The IFF's first chairman was Duncan Sellars. Its Washington lobbyist/film producer, Jack Abramoff, was said by Newsday to have recruited willing—but perhaps unwitting—Republican politicians including: Senator Jesse Helms; Rep. Dan Burton; Rep. Philip Crane; Rep. Robert Dornan; and Alan Keyes. None of these five politicians—and neither Sellars nor Abramoff—admitted to being aware of any South African funding. Had they known that they were effectively working to further the interests of a foreign government, they would have been required under US law to register as a foreign agent with the Justice Department. In apparent support of the politicians' denial, a former member of SA's Directorate of Military Intelligence, Major Craig Williamson, told Newsday that Operation Babushka was designed so that the people it recruited would be unaware of the foreign funding—they would simply be reinforcing their own principled views on South Africa and the ANC. But, in relation to Jack Abramoff—who produced a South African-funded movie Red Scorpion in South-West Africa (now Namibia) in 1988—Williamson indicated that Abramoff would undoubtedly have known about the source of the IFF's funding. Another former SA intelligence official, Colonel Vic McPherson, declared to Newsday how pleased he was with the performance of the IFF: "They were not just good in intelligence, but in political warfare." In 1992, under pressure from Nelson Mandela, funding for the IFF was withdrawn by President F. W. de Klerk and it closed down the following year.
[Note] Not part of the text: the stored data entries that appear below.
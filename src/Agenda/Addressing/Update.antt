-- ===== src/Agenda/Addressing/Update.antt =====
-- src/pic_agentic/agenda/engine.py: the leaves after an assignment to the leaf at a path.
use mathlib.Core.List.{map-append}
use pic_agentic.Common.{
  String, ◌≡◌, refl, sym, ◌∙◌, ap, ap₂, Bool, false, none, List, [], ◌∷◌, map, arith, All, inl, inr,
  str_eq, eq_iff, texts_eq, texts_eq_iff, split_char, split_char-injective, Bool-cases,
  if◌then◌else◌,
}
use pic_agentic.Agenda.Model.{
  AgendaSim, Entry, sim, group, Entries, no_entries, entry, AgendaGroup, Leaf, get_entry,
  simulations,
}
use pic_agentic.Agenda.Addressing.{update_entry, update_entries, set_leaf}
use pic_agentic.Agenda.Addressing.Names.{
  Named, below, named_entry, named_leaves, path_from, addressed, walk_named, IsTidyEntry, AreTidy,
  IsTidy, IsPlace, split-IsPlace, leaves-IsPlace,
}

abbrev mark : List String → (AgendaSim → AgendaSim) → Named → Named
mark names f (place, s) = (place, if texts_eq place names then f s else s)

-- The leaves with `f` applied to the one at the path.
abbrev pub at : String → (AgendaSim → AgendaSim) → Leaf → Leaf
at path f (q, s) = (q, if str_eq q path then f s else s)

mark-below_same :
    (n : String) (t : List String) (f : AgendaSim → AgendaSim) (l : List Named)
    → map (mark (n ∷ t) f) (map (below n) l) ≡ map (below n) (map (mark t f) l)
unfolding texts_eq
mark-below_same n t f [] = refl
mark-below_same n t f ((p, s) ∷ l) = ap₂ ◌∷◌ (ground (arith, eq_iff n n)) (mark-below_same n t f l)

mark-below_other :
    (n k : String) (t : List String) (f : AgendaSim → AgendaSim) (l : List Named)
    → str_eq k n ≡ false
    → map (mark (n ∷ t) f) (map (below k) l) ≡ map (below k) l
unfolding texts_eq
mark-below_other n k t f [] h = refl
mark-below_other n k t f ((p, s) ∷ l) h = ap₂ ◌∷◌ (ground arith) (mark-below_other n k t f l h)

mark_absent :
    (n : String) (t : List String) (f : AgendaSim → AgendaSim) (es : Entries)
    → get_entry n es ≡ none
    → map (mark (n ∷ t) f) (named_leaves es) ≡ named_leaves es
unfolding named_leaves get_entry
mark_absent n t f no_entries h = refl
mark_absent n t f (entry k e rest) h = elim (Bool-cases (str_eq k n)) [
  | inl same ↦ absurd (cc (rw same at h))
  | inr other ↦ rw (
    map-append,
    mark-below_other n k t f (named_entry e) other,
    mark_absent n t f rest (rw other at h),
  )
]

root_below :
    (f : AgendaSim → AgendaSim) (k : String) (l : List Named)
    → map (mark [] f) (map (below k) l) ≡ map (below k) l
unfolding texts_eq
root_below f k [] = refl
root_below f k ((p, s) ∷ l) = ap (λ r. (k ∷ p, s) ∷ r) (root_below f k l)

mark_root :
    (f : AgendaSim → AgendaSim) (es : Entries) → map (mark [] f) (named_leaves es) ≡ named_leaves es
unfolding named_leaves
mark_root f no_entries = refl
mark_root f (entry k e rest) = rw (map-append, mark_root f rest, root_below f k (named_entry e))

mutual
  unfolding update_entries named_leaves texts_eq

  named-update_entry :
      (names : List String) (f : AgendaSim → AgendaSim) (e : Entry)
      → IsTidyEntry e
      → named_entry (update_entry names f e) ≡ map (mark names f) (named_entry e)
  named-update_entry [] f (sim s) h = refl
  named-update_entry (n ∷ t) f (sim s) h = refl
  named-update_entry [] f (group info es) h = named-update_entries [] f es h
  named-update_entry (n ∷ t) f (group info es) h = named-update_entries (n ∷ t) f es h

  named-update_entries :
      (names : List String) (f : AgendaSim → AgendaSim) (es : Entries)
      → AreTidy es
      → named_leaves (update_entries names f es) ≡ map (mark names f) (named_leaves es)
  named-update_entries [] f no_entries h = refl
  named-update_entries (n ∷ t) f no_entries h = refl
  named-update_entries [] f (entry k e rest) h = sym (mark_root f (entry k e rest))
  named-update_entries (n ∷ t) f (entry k e rest) h = elim (Bool-cases (str_eq k n)) [
    | inl same ↦
        let e' : k ≡ n = (eq_iff k n).0 same in
        rw same (
          rw (sym e') (
            rw (
              map-append,
              mark-below_same k t f (named_entry e),
              mark_absent k t f rest h.1,
              named-update_entry t f e h.2,
            )))
    | inr other ↦ rw (
      other,
      map-append,
      mark-below_other n k t f (named_entry e) other,
      named-update_entries (n ∷ t) f rest h.3,
    )
  ]

same_place :
    (path : String) (names : List String)
    → IsPlace names
    → texts_eq names (split_char b'/' path) ≡ str_eq (path_from "" names) path
same_place path names h =
    let there = path_from "" names in
    let back : split_char b'/' there ≡ names = split-IsPlace names h in
    elim (Bool-cases (str_eq there path)) [
      | inl same ↦
          let e = ap (split_char b'/') ((eq_iff there path).0 same) in
          (texts_eq_iff names (split_char b'/' path)).1 (sym back ∙ e) ∙ sym same
      | inr other ↦ elim (Bool-cases (texts_eq names (split_char b'/' path))) [
        | inl same ↦
            let e = back ∙ (texts_eq_iff names (split_char b'/' path)).0 same in
            cc ((eq_iff there path).1 (split_char-injective "/" there path e))
        | inr apart ↦ apart ∙ sym other
      ]
    ]

mark-at :
    (path : String) (f : AgendaSim → AgendaSim) (l : List Named)
    → All (λ (nm : Named). IsPlace nm.0) l
    → map (addressed "") (map (mark (split_char b'/' path) f) l)
      ≡ map (at path f) (map (addressed "") l)
mark-at path f [] h = refl
mark-at path f ((names, s) ∷ l) h =
    ap₂ ◌∷◌
      (ap (λ (b : Bool). (path_from "" names, if b then f s else s)) (same_place path names h.0))
      (mark-at path f l h.1)

-- In an agenda whose names are legal and distinct within each group, an assignment to the leaf at a
-- path changes the leaf that `simulations` lists under that path, and no other.
pub simulations-set_leaf :
    (agenda : AgendaGroup) (path : String) (f : AgendaSim → AgendaSim)
    → IsTidy agenda
    → simulations (set_leaf agenda path f) ≡ map (at path f) (simulations agenda)
unfolding simulations set_leaf
simulations-set_leaf agenda path f h =
    rw
      (
        walk_named "" (update_entries (split_char b'/' path) f agenda.entries),
        walk_named "" agenda.entries,
        named-update_entries (split_char b'/' path) f agenda.entries h,
      )
      (mark-at path f (named_leaves agenda.entries) (leaves-IsPlace agenda.entries h))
Vic McPherson and Craig Williamson spoke to Newsday before the Promotion of National Unity and Reconciliation Act became law on July 26, 1995, and therefore before South Africa's Truth and Reconciliation Commission (TRC) began its case hearings in April 1996. McPherson and Williamson (along with seven others) applied for and were eventually granted TRC amnesty in 1999 for participating in the bombing in March 1982 of the ANC offices in London.

==London UK office==
The IFF (UK) published an occasional Freedom Bulletin. The January 1989 edition (no.5, 8 pages) was devoted exclusively to opposing the Reagan-Gorbachev Intermediate-range Nuclear Forces (INF) agreement, which had been signed at the Washington Summit in December 1987. They called for its abandonment and stated that from a Western angle it was appeasement.
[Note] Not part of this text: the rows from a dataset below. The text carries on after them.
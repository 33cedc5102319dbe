-- ===== src/Agenda/Budget.antt =====
-- src/pic_agentic/agenda/budget.py: the caps of an agenda and the gate before each submission. Hours
-- are Python floats; job counts are natural numbers, and a negative cap is the cap 0.
pub mod Admission
pub mod Verdict
use pic_agentic.Common.{
  ℕ, ◌+◌, String, Bool, true, false, not, Option, none, some, List, [], ◌∷◌, ◌&&◌, elem, ltb,
  if◌then◌else◌,
}
use pic_agentic.Common.Float.{Float, add, gtb}

pub record Budget : Type 0 where
  pub max_core_hours : Option Float
  pub max_gpu_hours : Option Float
  pub max_concurrent_jobs : Option ℕ
  pub max_total_jobs : Option ℕ
  pub allowed_partitions : Option (List String)

pub record BudgetUsage : Type 0 where
  pub core_hours : Float
  pub gpu_hours : Float
  pub jobs_submitted : ℕ
  pub jobs_running : ℕ

pub record ResourceRequest : Type 0 where
  pub est_core_hours : Float
  pub est_gpu_hours : Float
  pub partition : Option String
  pub is_gpu : Bool

-- The `BudgetExceededError`s, with what their messages show.
pub data Breach : Type 0 where
  job_budget_exhausted : (submitted cap : ℕ) → Breach
  concurrency_cap_reached : (running cap : ℕ) → Breach
  core_hours_exhausted : (used needed cap : Float) → Breach
  gpu_hours_exhausted : (used needed cap : Float) → Breach
  partition_not_allowed : Option String → List String → Breach

-- `cap is not None and count + 1 > cap`
abbrev pub over_count : Option ℕ → ℕ → Bool
over_count none count = false
over_count (some cap) count = ltb cap (count + 1)

-- `cap is not None and used + needed > cap`
abbrev pub over_hours : Option Float → Float → Float → Bool
over_hours none used needed = false
over_hours (some cap) used needed = gtb (add used needed) cap

-- `allowed is not None and partition not in allowed`
abbrev pub is_forbidden : Option (List String) → Option String → Bool
is_forbidden none partition = false
is_forbidden (some allowed) none = true
is_forbidden (some allowed) (some partition) = not (elem partition allowed)

abbrev pub cap_or {ℓ} : {A : Type ℓ} → Option A → A → A
cap_or none a = a
cap_or (some b) a = b

-- `none` where the request is admitted; the error otherwise.
unfoldable pub check_admission : Budget → BudgetUsage → ResourceRequest → Option Breach
check_admission budget usage request =
    if over_count budget.max_total_jobs usage.jobs_submitted
    then some (job_budget_exhausted usage.jobs_submitted (cap_or budget.max_total_jobs 0))
    else if over_count budget.max_concurrent_jobs usage.jobs_running
    then some (concurrency_cap_reached usage.jobs_running (cap_or budget.max_concurrent_jobs 0))
    else if over_hours budget.max_core_hours usage.core_hours request.est_core_hours
    then some (
        core_hours_exhausted usage.core_hours request.est_core_hours
          (cap_or budget.max_core_hours usage.core_hours))
    else if request.is_gpu && over_hours budget.max_gpu_hours usage.gpu_hours request.est_gpu_hours
    then some (
        gpu_hours_exhausted usage.gpu_hours request.est_gpu_hours
          (cap_or budget.max_gpu_hours usage.gpu_hours))
    else if is_forbidden budget.allowed_partitions request.partition
    then some (partition_not_allowed request.partition (cap_or budget.allowed_partitions []))
    else none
The director of the IFF's London office, at 10 Storey's Gate, Westminster, was Marc Gordon (born 1966). On January 31, 1989, in a BBC Radio 4 interview, Gordon praised Western Goals (UK) for its activities in "exposing left-wing political activities of charities", such as Oxfam and Christian Aid. The IFF strenuously opposed the June 1989 visit to London of Dr. Andries Treurnicht of the Conservative Party (South Africa), organised by the Western Goals Institute. Gordon stated that the IFF was against apartheid. Gordon was publicly disowned by the UK Conservative Party after he claimed to have gone on a patrol with anti-communist Contra rebels in Nicaragua and was photographed holding an assault rifle.

On August 1, 1989, during the debate about whether or not the Hong Kong Chinese should be given British passports, Gordon stated that "as regards Hong Kong, the IFF believes human labour should not be subject to restrictions on its movement". By September 25, 1992, Gordon was railing against the Western Goals Institute, and urged the Conservative Party to expel WGI members, a move which the London Evening Standard described as "doubtless assisted by his South African paymasters". In response, WGI's Gregory Lauder-Frost wrote to the Jewish Chronicle on 25 September 1992 stating that "the Conservative Party has always been a broad church. However, Marc Gordon's I.F.F.'s support for the importing to our overcrowded island of 3,000,000 Hong Kong Chinese would not, I believe, endear him to the vast majority of grass-roots conservatives."

Without revealing his political past, Gordon got a post with Sir James Goldsmith's Referendum Party, where he was helping to choose candidates in 1996. It emerged that Gordon had been vice-chairman of the West Midlands Federation of Conservative Students before it was controversially banned by the then Tory Chairman, Norman Tebbit, in 1987, for "its extremist views".